It was my wife Stephanie who discovered TSX Challenge. She sent me a link to the Website. I should have paused. The “X” stood for “Xtreme.”

By Kenneth Kann

It was my wife Stephanie who discovered the TSX Challenge. She sent me a link to the Website.

I scanned the site and shot back, “Let’s do it!”

She responded, “Really?”

I should have paused. The “X” stood for “Xtreme.”

Trans-Sierra trek to Mt. Whitney MapThe TSX Challenge is an eight-day backpacking trek through California’s Sierra Nevada mountains. It’s offered by a young adventure company, Trans Sierra Xtreme Challenge, now known as TSX. The route covers 75 miles across remote high mountains, beginning at Horse Corral Trailhead in King’s Canyon National Park, some 60 miles east of Fresno. It emerges to the south on the other side of the Sierra crest, the eastern side, at Horseshoe Meadow to the west of Lone Pine. The journey culminates in a climb atop Mt. Whitney, at 14,508 feet the highest point in the contiguous United States.

We invited friends to join us on a TSX expedition for summer 2012. All but one declined. Dale, who accepted, is an international triathlon competitor. “This will be a once-in-a-lifetime trip,” he said. “There…Will…Be…Tears.” I thought it was a joke.

I’d wanted to hike Mt. Whitney for years. I wanted to see that magnificent Sierra backcountry, places we could not reach in day hikes. Stephanie and I had considered doing the John Muir Trail, a long-distance backpacking route through the Sierra between Yosemite in the north and Mt. Whitney in the south, 211 miles. TSX offered a path to this great adventure.

Another motivation. I had just retired, and I wanted assurance that I was not on a downward slope. My employment was done. My future was a blank. But I still was a long-distance bicyclist, planning a ride from San Francisco to Los Angeles in June 2012, two months before the TSX expedition. And I was a hiker. Stephanie and I vacationed through the West, where we tackled ambitious day hikes, distances of 10 miles and 1500 feet climbs. With the TSX Challenge I could confirm the fitness of my body at 67, even in retirement.

I spoke with a TSX founder, Chris Casado, who later led our expedition. Although I had called to learn about TSX, I found myself selling Dale, Stephanie, and me as qualified for the trip. In the midst of my pitch, I realized that Chris was reassuring me of his company’s ability to bring us through this challenge. But I never paused to consider whether this journey was wise. We submitted our applications, again emphasizing our fitness. And, that simple, we were accepted for the TSX Challenge in August 2012.
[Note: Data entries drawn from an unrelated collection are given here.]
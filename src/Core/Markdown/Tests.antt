-- ===== src/Core/Markdown/Tests.antt =====
-- The sections of one document.
use agent_knowledge.Prelude.{
  ◌≡◌, refl, ◌≤◌, true, ok, arith, length, Bytes, text, is_utf8, list_beq,
}
use agent_knowledge.Core.Markdown.{markdown_body, split_inclusive, is_delimiter}
use agent_knowledge.Core.Markdown.Sections.{IsCut, extract_front_matter_cuts}
use agent_knowledge.Core.Markdown.Assembly.{assemble, IsFrontMatter, extract_front_matter-assemble}

abbrev pub titled : Bytes
titled = text "title: x\n"

abbrev pub hello : Bytes
hello = text "Hello\n---\n"

pub titled-IsFrontMatter : IsFrontMatter titled
unfolding split_inclusive is_delimiter list_beq
titled-IsFrontMatter = record { whole_lines = refl; content = (refl, tt) }

valid : is_utf8 (assemble titled hello) ≡ true
unfolding is_utf8
valid = refl

extract_front_matter_cuts_example :
    (body : Bytes) × (markdown_body (assemble titled hello) ≡ ok body)
    × IsCut (assemble titled hello) titled body
    × (length titled ≤ 100)
extract_front_matter_cuts_example =
    extract_front_matter_cuts (assemble titled hello) 100 titled valid
      (extract_front_matter-assemble titled hello titled-IsFrontMatter 100 (omega arith))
“We have to train,” Stephanie insisted. Train? True, it was decades since I had backpacked, but there had been no problem last time–in my 30s.

She began in the winter with demanding Sierra Club day hikes, over 12 miles distances and 2000 feet climbs. Me? I would conquer the TSX Challenge through cycling fitness and occasional walks with a sack of charcoal in my backpack. No sweat.

Reality intruded on Day One of the TSX Challenge, in the first ten minutes. We’d been dropped off at a remote trailhead in King’s Canyon National Park, at 7800 feet. We faced a 1500 feet climb before descending into Sugarloaf Valley. Switchbacks, steep ones–surprisingly difficult. As our group began ascending the trail, I had to step aside. Others were breezing past me.

Our TSX Challenge team.

We were 13, including the two TSX guides. Ages ranged from teenage boys to four men in their 60s; my friend Dale was the oldest at 68. The assistant guide Brian, 29, took the lead, and the expedition leader Chris, 33, stayed back as the sweep. On that first climb, the faster hikers powered ahead, led by the two teenage boys on Brian’s heels, followed by two young women. Dale and Stephanie moved up toward the front. At the rear were three older men. I soon found myself at the very back, trailed only by Chris.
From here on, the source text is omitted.